Fine Mapping the Soybean Mosaic Virus Resistance Gene in Soybean Cultivar Heinong 84 and Development of CAPS Markers for Rapid Identification

Abstract

Heinong 84 is one of the major soybean varieties growing in Northeast China, and is resistant to the infection of all strains of soybean mosaic virus (SMV) in the region including the most prevalent strain, N3. However, the resistance gene(s) in Heinong 84 and the resistant mechanism are still elusive. In this study, genetic and next-generation sequencing (NGS)-based bulk segregation analysis (BSA) were performed to map the resistance gene using a segregation population from the cross of Heinong 84 and a susceptible cultivar to strain N3, Zhonghuang 13. Results show that the resistance of Heinong 84 is controlled by a dominant gene on chromosome 13. Further analyses suggest that the resistance gene in Heinong 84 is probably an allele of Rsv1. Finally, two pairs of single-nucleotide-polymorphism (SNP)-based primers that are tightly cosegregated with the resistance gene were designed for rapidly identifying resistant progenies in breeding via the cleaved amplified polymorphic sequence (CAPS) assay.
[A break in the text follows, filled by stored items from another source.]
-- ===== src/ValueItemList/Pop.antt =====
-- The pops of value_item_list.c take a node from either end.
use libredis_a.Common.{
  ℕ, ◌-◌, ◌≡◌, ◌≢◌, refl, sym, ap, ap₂, ◌∙◌, true, false, Option, some, List, [], ◌∷◌, ◌++◌, arith,
  update, ◌==◌, ==_iff,
}
use libredis_a.ValueItemList.{Node, Obj, Memory, State, ValueItemList, remove_node, lpop, rpop}
use libredis_a.ValueItemList.Spine.{
  last, NotIn, IsDistinct, Spine, update_other, Spine-redirect, Spine-reroot, Threads, contents,
}
use libredis_a.ValueItemList.Push.{Holds, contents_relink}

rest_of {ℓ} : {A : Type ℓ} → List A → List A
rest_of [] = []
rest_of (x ∷ xs) = xs

tail_eq {ℓ} : {A : Type ℓ} {x y : A} {xs ys : List A} → (x ∷ xs) ≡ (y ∷ ys) → xs ≡ ys
unfolding rest_of
tail_eq e = ap rest_of e

IsDistinct-unsnoc :
    (a : ℕ) (xs : List ℕ) (p : ℕ)
    → IsDistinct (a ∷ (xs ++ (p ∷ [])))
    → IsDistinct (a ∷ xs) × (p ≢ last a xs)
IsDistinct-unsnoc a [] p (n, d) = ((tt, tt), λ e. n.0 (sym e))
IsDistinct-unsnoc a (c ∷ xs) p (n, d) =
    let (d', ne) = IsDistinct-unsnoc c xs p d in ((NotIn-unsnoc a (c ∷ xs) p n, d'), ne)
  where
    NotIn-unsnoc : (q : ℕ) (ys : List ℕ) (p : ℕ) → NotIn q (ys ++ (p ∷ [])) → NotIn q ys
    NotIn-unsnoc q [] p n = tt
    NotIn-unsnoc q (y ∷ ys) p (n, ns) = (n, NotIn-unsnoc q ys p ns)

last-snoc_tail : (a : ℕ) (xs : List ℕ) (p : ℕ) → last a (xs ++ (p ∷ [])) ≡ p
last-snoc_tail a [] p = refl
last-snoc_tail a (c ∷ xs) p = last-snoc_tail c xs p

module _ {Double : Type 0} where
  module _ (m : Memory Double) (a : ℕ) (real : a ≢ 0) where
    some_node : (a == 0) ≡ false
    some_node = ground arith

    remove_alone : (m a).pre ≡ 0 → (m a).next ≡ 0 → remove_node m a ≡ m
    remove_alone x y =
        let p : ((m a).pre == 0) ≡ true = (==_iff _ _).1 x in
        let n : ((m a).next == 0) ≡ true = (==_iff _ _).1 y in
        unfold remove_node in rw (some_node, p, n) refl

    remove_front :
        (c : ℕ)
        → c ≢ 0
        → (m a).pre ≡ 0
        → (m a).next ≡ c
        → remove_node m a ≡ update m c (record (m c) { pre = 0 })
    remove_front c h x y =
        let p : ((m a).pre == 0) ≡ true = (==_iff _ _).1 x in
        let n : ((m a).next == 0) ≡ false = ground arith in
        unfold remove_node in
        rw (some_node, p, n) (ap₂ (λ u v. update m u (record (m u) { pre = v })) y x)

    remove_back :
        (b : ℕ)
        → b ≢ 0
        → a ≢ b
        → (m a).pre ≡ b
        → (m a).next ≡ 0
        → remove_node m a ≡ update m b (record (m b) { next = 0 })
    remove_back b h ne x y =
        let p : ((m a).pre == 0) ≡ false = ground arith in
        let ne' : (m a).pre ≢ a = λ e. ne (sym e ∙ x) in
        let same = update_other m ((m a).pre) a (record (m (m a).pre) { next = (m a).next }) ne' in
        let n : ((update m ((m a).pre) (record (m (m a).pre) { next = (m a).next }) a).next == 0)
            ≡ true =
          (==_iff _ _).1 (ap (λ (k : Node Double). k.next) same ∙ y) in
        unfold remove_node in
        rw (some_node, p, n) (ap₂ (λ u v. update m u (record (m u) { next = v })) x y)

  -- A list that has lost its first node, and the node.
  pub record Popped (r : Option (Option (State Double) × ℕ)) (a : ℕ) (xs : List ℕ)
      (cs : List (ℕ × ℕ × Obj Double)) : Type 0 where
    pub state : State Double
    pub is : r ≡ some (some state, a)
    pub holds : Holds state xs cs

  popped :
      (m : Memory Double) (list : ValueItemList) (t : Memory Double) (a h : ℕ)
      → list.head ≡ a
      → a ≢ 0
      → remove_node m a ≡ t
      → (t a).next ≡ h
      → lpop (some (m, list)) ≡ some (some (t, record list { head = h; len = list.len - 1 }), a)
  popped m list t a h e real r n =
      let p : (list.head == 0) ≡ false = ground arith in
      let r' : remove_node m list.head ≡ t = ap (remove_node m) e ∙ r in
      let n' : (remove_node m list.head list.head).next ≡ h =
        ap₂ (λ (u : Memory Double) v. (u v).next) r' e ∙ n in
      unfold lpop in
      rw p (
        ap₂
          (λ (u : Memory Double × ℕ) v.
            some (some (u.0, record list { head = v; len = list.len - 1 }), u.1))
          (ap₂ (λ u v. (u, v)) r' e) n')

  -- lpopValueItemNode on a well-formed list that is not empty returns the first node and leaves
  -- the others with their contents and the length one less.
  pub lpop-Popped :
      (m : Memory Double) (list : ValueItemList) (a : ℕ) (xs : List ℕ) (c : ℕ × ℕ × Obj Double)
      (cs : List (ℕ × ℕ × Obj Double))
      → Holds (m, list) (a ∷ xs) (c ∷ cs)
      → Popped (lpop (some (m, list))) a xs cs
  lpop-Popped m list a [] c cs h =
      let (z, x, y, s) = h.threads.spine in
      record {
        state = (m, record list { head = 0; len = list.len - 1 });
        is = popped m list m a 0 h.threads.head z (remove_alone m a z x y) y;
        holds = record {
          threads = record { spine = tt; head = refl; tail = tt; distinct = tt };
          contains = tail_eq h.contains;
          counted = omega (arith, h.counted);
        };
      }
  lpop-Popped m list a (b ∷ xs) c cs h =
      let (z, x, y, s) = h.threads.spine in
      let ((ne, nes), (d, ds)) = h.threads.distinct in
      let t : Memory Double = update m b (record (m b) { pre = 0 }) in
      let same = update_other m b a (record (m b) { pre = 0 }) (λ e. ne (sym e)) in
      record {
        state = (t, record list { head = b; len = list.len - 1 });
        is =
            popped m list t a b h.threads.head z (remove_front m a z b (s.0) x y)
              (ap (λ (k : Node Double). k.next) same ∙ y);
        holds = record {
          threads = record {
            spine = Spine-reroot m a b xs 0 0 d s;
            head = refl;
            tail = h.threads.tail;
            distinct = (d, ds);
          };
          contains =
              contents_relink m b (record (m b) { pre = 0 }) (b ∷ xs) refl ∙ tail_eq h.contains;
          counted = omega (arith, h.counted);
        };
      }

  -- The last node of a spine, taken off.
  Spine-unsnoc :
      (m : Memory Double) (b a : ℕ) (xs : List ℕ) (p e : ℕ)
      → Spine m b (a ∷ (xs ++ (p ∷ []))) e
      → Spine m b (a ∷ xs) p
        × (p ≢ 0)
        × (last a xs ≢ 0)
        × ((m p).pre ≡ last a xs)
        × ((m p).next ≡ e)
  Spine-unsnoc m b a [] p e (z, x, y, (zp, xp, yp, s)) = ((z, x, y, tt), zp, z, xp, yp)
  Spine-unsnoc m b a (c ∷ xs) p e (z, x, y, s) =
      let (s', zp, zl, xp, yp) = Spine-unsnoc m a c xs p e s in ((z, x, y, s'), zp, zl, xp, yp)

  rpopped :
      (m : Memory Double) (list : ValueItemList) (t : Memory Double) (p h : ℕ)
      → list.tail ≡ p
      → p ≢ 0
      → remove_node m p ≡ t
      → (t p).pre ≡ h
      → rpop (some (m, list)) ≡ some (some (t, record list { tail = h }), p)
  rpopped m list t p h e real r n =
      let q : (list.tail == 0) ≡ false = ground arith in
      let r' : remove_node m list.tail ≡ t = ap (remove_node m) e ∙ r in
      let n' : (remove_node m list.tail list.tail).pre ≡ h =
        ap₂ (λ (u : Memory Double) v. (u v).pre) r' e ∙ n in
      unfold rpop in
      rw q (
        ap₂ (λ (u : Memory Double × ℕ) v. some (some (u.0, record list { tail = v }), u.1))
          (ap₂ (λ u v. (u, v)) r' e) n')

  -- What `rpopValueItemNode` leaves: the list without its last node, and the old length.
  pub record RightPopped (list : ValueItemList) (r : Option (Option (State Double) × ℕ)) (p : ℕ)
      (ys : List ℕ) (cs : List (ℕ × ℕ × Obj Double)) : Type 0 where
    pub state : State Double
    pub is : r ≡ some (some state, p)
    pub threads : Threads state ys
    pub contains : contents state ys ≡ cs
    pub stale : state.1.len ≡ list.len

  -- rpopValueItemNode on a well-formed list of at least two nodes returns the last node and leaves
  -- the others with their contents, but leaves the length as it was.
  pub rpop-RightPopped :
      (m : Memory Double) (list : ValueItemList) (a : ℕ) (xs : List ℕ) (p : ℕ)
      → Threads (m, list) (a ∷ (xs ++ (p ∷ [])))
      → RightPopped list (rpop (some (m, list))) p (a ∷ xs) (contents (m, list) (a ∷ xs))
  rpop-RightPopped m list a xs p h =
      let l = last a xs in
      let (s, zp, zl, xp, yp) = Spine-unsnoc m 0 a xs p 0 h.spine in
      let (d, ne) = IsDistinct-unsnoc a xs p h.distinct in
      let n : Node Double = record (m l) { next = 0 } in
      let same = update_other m l p n (λ e. ne (sym e)) in
      record {
        state = (update m l n, record list { tail = l });
        is =
            rpopped m list (update m l n) p l (h.tail ∙ last-snoc_tail a xs p) zp
              (remove_back m p zp l zl ne xp yp) (ap (λ (k : Node Double). k.pre) same ∙ xp);
        threads = record {
          spine = Spine-redirect m 0 a xs p 0 d s;
          head = h.head;
          tail = refl;
          distinct = d;
        };
        contains = contents_relink m l n (a ∷ xs) refl;
        stale = refl;
      }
Keywords: Rsv1; bulk segregation analysis (BSA); cleaved amplified polymorphic sequences (CAPS) markers; resistance locus; soybean mosaic virus.

Figure 1

Resistance of Heinong 84, Zhonghuang 13, and their hybrid F₂ offspring. (a) Phenotypes of systemic leaves of Heinong 84 and Zhonghuang 13 inoculated by buffer (mock) or SMV N3 at 20 dpi. (b) Bar chart showing the distribution of the F₂ populations in different disease indices.

Figure 2

Characterization of the resistant and susceptible populations. (a) Distribution of the OD₄₅₀ values of the resistant pool. (b) Bar chart showing the number of bases with quality higher than 30 of the resistant pool, susceptible pool, and Heinong 84 from the NGS.

Figure 3

Distribution and plot of SNPs. (a) Distribution of all SNPs on twenty soybean chromosomes. (b) ΔSNP index graphs from NGS-based BSA. (c) Distribution of p value (presented as -log₁₀). X-axis represents the position of twenty chromosomes and Y-axis represents the number of SNPs (a), ΔSNP index (b), or p value (c). ΔSNP index was calculated in a 1 Mb interval with a 10 kb sliding window. The red and cyan lines indicate expectation values at 95% confidence (p < 0.05) and 99% confidence (p < 0.01), respectively, under the null hypothesis.

Figure 4

Multiple alignment of the partial amino acid sequences of SMV N3, N, G7, and G7d. (a) HcPro. (b) P3. Varied residues are highlighted in black, residues that are involved in the evading Rsv1-mediated resistance have been indicated by blue triangles, and residues consistent in N and N3 are indicated by blue dots.

Figure 5

CAPS assays. (a–d) Restriction enzyme digestion and gel electrophoresis of PCR products with primer pair SNP2762 (a), SNP3194 (b), SNP3084 (c), and SNP3221 (d). M, DL2000 Plus DNA marker (Vazyme Biotech); lanes 1–7, resistant DNA pool (seven samples per lane); lanes 8–14, susceptible pool (seven samples per lane). (e,f) CAPS assays of seven resistant or susceptible individuals using the primers based on SNP3194 (e) and SNP3084 (f); lanes 1-14 represent 14 random-selected samples; DI grade, disease index grade. HN84 and ZH13 represent total DNA of Heinong 84 and Zhonghuang 13, respectively. The solid and hollow arrow heads indicate amplified fragments and digested fragments, respectively. Note that some Xba I-digested fragments may not be visible on the agarose gel due to small size. Statistical analysis was performed using the Student’s t-test. Pearson correlation coefficients (r) are also indicated.